The lack of transparency of clinical trial data in peer review is similar around the world. But in the US, the effect is much greater because of our unique pharmaceutical policies. We don’t have a formal assessment comparing the medical benefit and economic value of new drugs to older therapies, so healthcare professionals don’t have access to this all-important information.

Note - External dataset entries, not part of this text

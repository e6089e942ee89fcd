-- ===== src/Carv2/Load.antt =====
-- internal/carv2/car.go: LoadCar and its two loops. The store is a parameter; on an error the
-- result is the error alone. Each round of a loop is given one unit of fuel.
use ipfs_content.Prelude.{
  ℕ, zero, suc, ◌+◌, Bool, Option, none, some, List, [], ◌∷◌, ◌++◌, ltb, if◌then◌else◌, length,
  Result, ok, err, ◌>>=◌, Comparable,
}
use ipfs_content.Carv2.{Bytes, CarError, eof, out_of_fuel, Varint, Cids}
use ipfs_content.Carv2.Header.{CarHeader, HeaderCodec}
use ipfs_content.Carv2.Reader.{CarReader, new_car_reader, next_block}

-- A store of blocks: Put, and PutMany if it has one.
pub record Store (C S : Type 0) : Type 0 where
  pub put : S → C × Bytes → Result CarError S
  pub put_many : Option (S → List (C × Bytes) → Result CarError S)

-- What a loop does with the result of Next: the end of the stream, an error, or a block.
abbrev pub on_next :
    {C S : Type 0}
    → Result CarError ((C × Bytes) × Bytes)
    → Result CarError S
    → (C × Bytes → Bytes → Result CarError S)
    → Result CarError S
on_next (err eof) stop go = stop
on_next (err x) stop go = err x
on_next (ok (blk, s')) stop go = go blk s'

-- `if len(buf) > 0 { s.PutMany(ctx, buf) }`
abbrev pub flush :
    {C S : Type 0}
    → (S → List (C × Bytes) → Result CarError S)
    → List (C × Bytes)
    → S
    → Result CarError S
flush put_many [] st = ok st
flush put_many (b ∷ bs) st = put_many st (b ∷ bs)

module _ (v : Varint) {C S : Type 0} (cs : Cids C) ⦃e : Comparable C⦄ (zero_len : Bool)
    (max : ℕ) where
  unfoldable pub load_car_slow :
      (S → C × Bytes → Result CarError S) → ℕ → Bytes → S → Result CarError S
  load_car_slow put zero s st = err out_of_fuel
  load_car_slow put (suc fuel) s st =
      on_next (next_block v cs zero_len max s) (ok st)
        λ blk s'. put st blk >>= λ st'. load_car_slow put fuel s' st'

  -- The blocks wait in `buf`; more than 1000 of them are put at once.
  unfoldable pub load_car_fast :
      (S → List (C × Bytes) → Result CarError S)
      → ℕ
      → List (C × Bytes)
      → Bytes
      → S
      → Result CarError S
  load_car_fast put_many zero buf s st = err out_of_fuel
  load_car_fast put_many (suc fuel) buf s st =
      on_next (next_block v cs zero_len max s) (flush put_many buf st) λ blk s'.
        let full = buf ++ blk ∷ [] in
        let emptied = put_many st full >>= λ st'. load_car_fast put_many fuel [] s' st' in
        let waiting = load_car_fast put_many fuel full s' st in
        if ltb 1000 (length full) then emptied else waiting

module _ (v : Varint) {C S : Type 0} (hc : HeaderCodec C) (cs : Cids C) ⦃e : Comparable C⦄ where
  unfoldable pub load_blocks : Store C S → CarReader C → S → Result CarError S
  unfolding load_car_slow load_car_fast
  load_blocks store r st =
      let fuel = length r.stream + 1 in
      elim store.put_many [
        | none ↦ load_car_slow v cs r.zero_len_as_eof r.max_section store.put fuel r.stream st
        | some put_many ↦
            load_car_fast v cs r.zero_len_as_eof r.max_section put_many fuel [] r.stream st
      ]

  unfoldable pub load_car : Store C S → Bytes → S → Result CarError (CarHeader C × S)
  unfolding load_blocks
  load_car store s st = do
    r ← new_car_reader v hc s
    st' ← load_blocks store r st
    ok (r.header, st')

Federally funded clinical practice guidelines are not allowed to include the relative costs of therapies in their recommendations, meaning they do not account for the possibility of a drug unnecessarily bankrupting patients or driving up health insurance costs. Furthermore, the price of branded drugs is not regulated in this country, which is why they cost 3.5 times more in the US than in other OECD countries. And unregulated pricing raises the reward-to-risk ratio for overly aggressive marketing practices in the US
Industry control over what doctors think about optimal therapies explains why new, expensive drugs are more widely used in the US than in other countries. Without access to actual clinical trial data, medical journals publish uncontrolled articles that doctors then rely on to treat their patients. Although prescription drugs account for “only” 17% of US health care spending, this has become a “tail-wagging” situation: The drug companies control the “knowledge” that informs physicians’ clinical decisions. This leads to soaring pharmaceutical profits and crippling healthcare costs, while doctors don’t know which therapies are more effective or efficient. Americans deserve better.